◆ **AIM OF THE TASK**: Once the line with "-- Contains on a domain that is not empty." is found in the entries below, repeat it and each following line exactly, up to and including the line with "-- After Merge, a". Add no other lines.

◆ **SUPPLIED RECORDS**:
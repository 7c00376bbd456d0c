-- ===== src/Filtering/Trie/Merged.antt =====
-- Merge, by the marks.
use hydra_dns.Base.{
  ◌≡◌, inl, inr, refl, sym, ◌∙◌, [], ◌∷◌, List, Bool, true, false, ◌||◌, if◌then◌else◌, Bytes,
  bytes_eq, bytes_eq_iff, Bool-cases,
}
use hydra_dns.Filtering.Trie.{
  Children, nil, child, TrieNode, get_child, put_child, child_or_new, merge_children,
}
use hydra_dns.Filtering.Trie.Marks.{
  Marks, no_marks, marks_at, below_marks, IsTree, marks_at_new, marks_at-cons,
  marks_at-child_or_new, marks_at_put,
}

-- The marks of two tries together.
infixl 55 ◌∪◌
abbrev pub ◌∪◌ : Marks → Marks → Marks
a ∪ b = (a.0 || b.0, a.1 || b.1)

∪_none : (a : Marks) → a ∪ no_marks ≡ a
∪_none (false, false) = refl
∪_none (false, true) = refl
∪_none (true, false) = refl
∪_none (true, true) = refl

-- A node without marks of its own.
abbrev pub under : Children → TrieNode
under cs = record { children = cs; is_end = false; is_wild = false }

marks_under :
    (l : Bytes) (ps : List Bytes) (n : TrieNode)
    → marks_at (l ∷ ps) n ≡ marks_at (l ∷ ps) (under n.children)
unfolding marks_at
marks_under l ps n = refl

-- A child of the merged node has the marks of both children.
merged_node :
    (old : TrieNode) (below cs : Children) (e w : Bool)
    → ((x : Bytes) (xs : List Bytes)
        → marks_at (x ∷ xs) (under below)
          ≡ marks_at (x ∷ xs) (under old.children) ∪ marks_at (x ∷ xs) (under cs))
    → (ps : List Bytes)
    → marks_at ps
        (record { children = below; is_end = old.is_end || e; is_wild = old.is_wild || w })
      ≡ marks_at ps old ∪ marks_at ps (record { children = cs; is_end = e; is_wild = w })
merged_node old below cs e w h [] = unfold marks_at in refl
merged_node old below cs e w h (x ∷ xs) =
    marks_under x xs _
    ∙ h x xs
    ∙ rw
        (marks_under x xs old, marks_under x xs (record { children = cs; is_end = e; is_wild = w }))
        refl

marks_at_child :
    (l k : Bytes) (ps : List Bytes) (cs : Children) (e w : Bool) (rest : Children)
    → marks_at (l ∷ ps) (under (child k cs e w rest)) ≡ (
        if bytes_eq k l
        then marks_at ps (record { children = cs; is_end = e; is_wild = w })
        else marks_at (l ∷ ps) (under rest))
unfolding get_child marks_at
marks_at_child l k ps cs e w rest = elim (Bool-cases (bytes_eq k l)) [
  | inl s ↦ rw (marks_at, s) refl
  | inr s ↦ rw (marks_at, s) refl
]

-- Merge unites the marks of every path below the root.
pub marks_at-merge_children :
    (src dst : Children)
    → IsTree src
    → (l : Bytes) (ps : List Bytes)
    → marks_at (l ∷ ps) (under (merge_children src dst).0)
      ≡ marks_at (l ∷ ps) (under dst) ∪ marks_at (l ∷ ps) (under src)
unfolding merge_children
marks_at-merge_children nil dst h l ps =
    let none_there : marks_at (l ∷ ps) (under nil) ≡ no_marks = marks_at_new (l ∷ ps) in
    rw none_there (sym (∪_none (marks_at (l ∷ ps) (under dst))))
marks_at-merge_children (child k cs e w rest) dst (tree, once, later) l ps =
    let old = child_or_new k dst in
    let inner = marks_at-merge_children cs old.children tree in
    let merged : TrieNode = record {
      children = (merge_children cs old.children).0;
      is_end = old.is_end || e;
      is_wild = old.is_wild || w;
    } in
    let rest_merged = marks_at-merge_children rest (put_child k merged dst) later l ps in
    let below = merged_node old merged.children cs e w inner ps in
    let put = marks_at_put k l ps merged (under dst) in
    let src = marks_at_child l k ps cs e w rest in
    elim (Bool-cases (bytes_eq k l)) [
      | inr s ↦ rest_merged ∙ rw (put, src, s) refl
      | inl s ↦
          let same = (bytes_eq_iff k l).0 s in
          let gone : marks_at (l ∷ ps) (under rest) ≡ no_marks =
            marks_at-cons l ps (under rest) ∙ rw (← same, once) (unfold below_marks in refl) in
          let before : marks_at ps old ≡ marks_at (l ∷ ps) (under dst) =
            marks_at-child_or_new ps k (under dst) ∙ rw same refl in
          rest_merged ∙ rw (gone, put, src, s, ∪_none (marks_at ps merged), below, before) refl
    ]
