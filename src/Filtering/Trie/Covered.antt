-- ===== src/Filtering/Trie/Covered.antt =====
-- What is covered after a mark is set, and by two tables together.
use mathlib.Core.Path.{fun_ext}
use hydra_dns.Base.{
  ◌≡◌, inl, inr, refl, arith, [], ◌∷◌, List, Bool, true, false, ◌&&◌, ◌||◌, if◌then◌else◌, Bytes,
  bytes_eq, bytes_eq_iff, Bool-cases,
}
use hydra_dns.Filtering.Trie.Marks.{Marks, paths_eq}
use hydra_dns.Filtering.Trie.Added.{is_covered}
use hydra_dns.Filtering.Trie.Merged.{◌∪◌}

-- A path with more labels behind this one.
unfoldable pub is_strict_prefix : List Bytes → List Bytes → Bool
is_strict_prefix [] [] = false
is_strict_prefix [] (y ∷ ys) = true
is_strict_prefix (x ∷ xs) [] = false
is_strict_prefix (x ∷ xs) (y ∷ ys) = bytes_eq x y && is_strict_prefix xs ys

-- The table that Add leaves.
abbrev pub updated : (List Bytes → Marks) → List Bytes → Bool → List Bytes → Marks
updated m q w p = if paths_eq q p then (true, (m q).1 || w) else m p

pub is_covered-updated :
    (q ls : List Bytes) (a : Bytes) (m : List Bytes → Marks) (w : Bool)
    → is_covered (updated m (a ∷ q) w) ls
      ≡ (is_covered m ls || (paths_eq (a ∷ q) ls || (w && is_strict_prefix (a ∷ q) ls)))
unfolding is_covered paths_eq is_strict_prefix
is_covered-updated q [] a m w = ground arith
is_covered-updated [] (l ∷ []) a m w = elim (Bool-cases (bytes_eq a l)) [
  | inl s ↦ rw s (ground arith)
  | inr s ↦ rw s (ground arith)
]
is_covered-updated [] (l ∷ k ∷ ls) a m w = elim (Bool-cases (bytes_eq a l)) [
  | inl s ↦ rw (s, (bytes_eq_iff a l).0 s) (ground arith)
  | inr s ↦ rw s (ground arith)
]
is_covered-updated (b ∷ q) (l ∷ ls) a m w = elim (Bool-cases (bytes_eq a l)) [
  | inl s ↦
      let rest = is_covered-updated q ls b (λ p. m (l ∷ p)) w in
      rw (s, (bytes_eq_iff a l).0 s) (rw rest (ground arith))
  | inr s ↦ rw s (ground arith)
]

pub is_covered-∪ :
    (ls : List Bytes) (a b : List Bytes → Marks)
    → is_covered (λ p. a p ∪ b p) ls ≡ (is_covered a ls || is_covered b ls)
unfolding is_covered
is_covered-∪ [] a b = refl
is_covered-∪ (l ∷ ls) a b = ground (arith, is_covered-∪ ls (λ p. a (l ∷ p)) (λ p. b (l ∷ p)))

-- The same below a label: the root's own marks do not count.
pub is_covered-below :
    (a : Bytes) (q : List Bytes) (f g h : List Bytes → Marks)
    → ((p : List Bytes) → f (a ∷ p) ≡ g (a ∷ p) ∪ h (a ∷ p))
    → is_covered f (a ∷ q) ≡ (is_covered g (a ∷ q) || is_covered h (a ∷ q))
unfolding is_covered
is_covered-below a q f g h e =
    rw (fun_ext e, e []) (ground (arith, is_covered-∪ q (λ p. g (a ∷ p)) (λ p. h (a ∷ p))))
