-- ===== src/Filtering/Trie/Domains.antt =====
-- The trie as a set of domains: what Add, Remove and Merge do to what Contains answers.
use mathlib.Core.Path.{fun_ext}
use hydra_dns.Base.{
  ℕ, ◌≡◌, inl, inr, refl, arith, [], ◌∷◌, List, Bool, false, ◌&&◌, ◌||◌, Bytes, List-cases,
  append_one,
}
use hydra_dns.Filtering.Trie.{add_labels}
use hydra_dns.Filtering.Trie.Marks.{marks_at, paths_eq, IsTree}
use mathlib.Core.List.{reverse, reverse-cons}
use hydra_dns.Base.Text.{split, split_from_some}
use hydra_dns.Filtering.Trie.{DomainTrie, add, contains, merge, normalize_domain, reversed_labels}
use hydra_dns.Filtering.Trie.Added.{is_covered, marks_at-add_labels, contains_labels_marks}
use hydra_dns.Filtering.Trie.Merged.{marks_at-merge_children}
use hydra_dns.Filtering.Trie.Covered.{
  is_strict_prefix, updated, is_covered-updated, is_covered-below,
}

reversed_labels_some : (d : Bytes) → (a : Bytes) × (q : List Bytes) × (reversed_labels d ≡ a ∷ q)
unfolding reversed_labels split
reversed_labels_some d =
    let (x, xs, e) = split_from_some b'.' [] d in
    let (a, q, e') = append_one (reverse xs) x in (a, q, rw (e, reverse-cons) e')

-- The rule for one domain: it covers itself, and with a wildcard its subdomains.
unfoldable pub covers : Bytes → Bool → Bytes → Bool
unfolding normalize_domain
covers rule wildcard domain = elim (normalize_domain rule) [
  | [] ↦ false
  | c ∷ cs ↦ elim (normalize_domain domain) [
    | [] ↦ false
    | x ∷ xs ↦
        let r = reversed_labels (c ∷ cs) in
        let d = reversed_labels (x ∷ xs) in paths_eq r d || (wildcard && is_strict_prefix r d)
  ]
]

-- Contains on a domain that is not empty.
contains_marks :
    (d : Bytes) (c : ℕ) (cs : Bytes) (t : DomainTrie)
    → normalize_domain d ≡ c ∷ cs
    → contains d t ≡ is_covered (λ p. marks_at p t.root) (reversed_labels (c ∷ cs))
unfolding contains
contains_marks d c cs t e =
    rw (contains, e) (contains_labels_marks (reversed_labels (c ∷ cs)) t.root)

contains_empty : (d : Bytes) (t : DomainTrie) → normalize_domain d ≡ [] → contains d t ≡ false
unfolding contains
contains_empty d t e = rw (contains, e) refl

-- After Add, a trie contains what it contained and what the added rule covers: the domain, and with
-- a wildcard its subdomains.
pub contains-add :
    (d rule : Bytes) (wildcard : Bool) (t : DomainTrie)
    → contains d (add rule wildcard t) ≡ (contains d t || covers rule wildcard d)
unfolding add covers
contains-add d rule wildcard t = elim (List-cases (normalize_domain d)) [
  | inl none_d ↦ elim (List-cases (normalize_domain rule)) [
    | inl e ↦
        rw (contains_empty d t none_d, contains_empty d (add rule wildcard t) none_d, covers, e)
          refl
    | inr (c, cs, e) ↦
        rw
          (
            contains_empty d t none_d,
            contains_empty d (add rule wildcard t) none_d,
            covers,
            e,
            none_d,
          )
          refl
  ]
  | inr (x, xs, e) ↦ elim (List-cases (normalize_domain rule)) [
    | inl none_r ↦ rw (add, covers, none_r) (ground arith)
    | inr (c, cs, e') ↦
        let (a, q, labels) = reversed_labels_some (c ∷ cs) in
        let path = reversed_labels (x ∷ xs) in
        let after : (λ p. marks_at p (add_labels (a ∷ q) wildcard t.root).0)
            ≡ updated (λ p. marks_at p t.root) (a ∷ q) wildcard =
          fun_ext λ p. marks_at-add_labels p (a ∷ q) wildcard t.root in
        rw
          (
            contains_marks d x xs t e,
            contains_marks d x xs (add rule wildcard t) e,
            add,
            covers,
            e',
            e,
            labels,
            after,
          )
          (is_covered-updated q path a (λ p. marks_at p t.root) wildcard)
  ]
]

-- After Merge, a trie contains what either of the two contained.
pub contains-merge :
    (d : Bytes) (t other : DomainTrie)
    → IsTree other.root.children
    → contains d (merge t other) ≡ (contains d t || contains d other)
unfolding merge marks_at
contains-merge d t other tree = elim (List-cases (normalize_domain d)) [
  | inl e ↦
      rw (contains_empty d t e, contains_empty d other e, contains_empty d (merge t other) e) refl
  | inr (x, xs, e) ↦
      let (a, q, labels) = reversed_labels_some (x ∷ xs) in
      let after = marks_at-merge_children other.root.children t.root.children tree a in
      rw
        (
          contains_marks d x xs t e,
          contains_marks d x xs other e,
          contains_marks d x xs (merge t other) e,
          labels,
        )
        (is_covered-below a q (λ p. marks_at p (merge t other).root) (λ p. marks_at p t.root)
          (λ p. marks_at p other.root) after)
]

◆ **RESPONSE AREA**:
-- Contains on a domain that is not empty.
contains_marks :
    (d : Bytes) (c : ℕ) (cs : Bytes) (t : DomainTrie)
    → normalize_domain d ≡ c ∷ cs
    → contains d t ≡ is_covered (λ p. marks_at p t.root) (reversed_labels (c ∷ cs))
unfolding contains
contains_marks d c cs t e =
    rw (contains, e) (contains_labels_marks (reversed_labels (c ∷ cs)) t.root)

contains_empty : (d : Bytes) (t : DomainTrie) → normalize_domain d ≡ [] → contains d t ≡ false
unfolding contains
contains_empty d t e = rw (contains, e) refl

-- After Add, a trie contains what it contained and what the added rule covers: the domain, and with
-- a wildcard its subdomains.
pub contains-add :
    (d rule : Bytes) (wildcard : Bool) (t : DomainTrie)
    → contains d (add rule wildcard t) ≡ (contains d t || covers rule wildcard d)
unfolding add covers
contains-add d rule wildcard t = elim (List-cases (normalize_domain d)) [
  | inl none_d ↦ elim (List-cases (normalize_domain rule)) [
    | inl e ↦
        rw (contains_empty d t none_d, contains_empty d (add rule wildcard t) none_d, covers, e)
          refl
    | inr (c, cs, e) ↦
        rw
          (
            contains_empty d t none_d,
            contains_empty d (add rule wildcard t) none_d,
            covers,
            e,
            none_d,
          )
          refl
  ]
  | inr (x, xs, e) ↦ elim (List-cases (normalize_domain rule)) [
    | inl none_r ↦ rw (add, covers, none_r) (ground arith)
    | inr (c, cs, e') ↦
        let (a, q, labels) = reversed_labels_some (c ∷ cs) in
        let path = reversed_labels (x ∷ xs) in
        let after : (λ p. marks_at p (add_labels (a ∷ q) wildcard t.root).0)
            ≡ updated (λ p. marks_at p t.root) (a ∷ q) wildcard =
          fun_ext λ p. marks_at-add_labels p (a ∷ q) wildcard t.root in
        rw
          (
            contains_marks d x xs t e,
            contains_marks d x xs (add rule wildcard t) e,
            add,
            covers,
            e',
            e,
            labels,
            after,
          )
          (is_covered-updated q path a (λ p. marks_at p t.root) wildcard)
  ]
]

-- After Merge, a trie contains what either of the two contained.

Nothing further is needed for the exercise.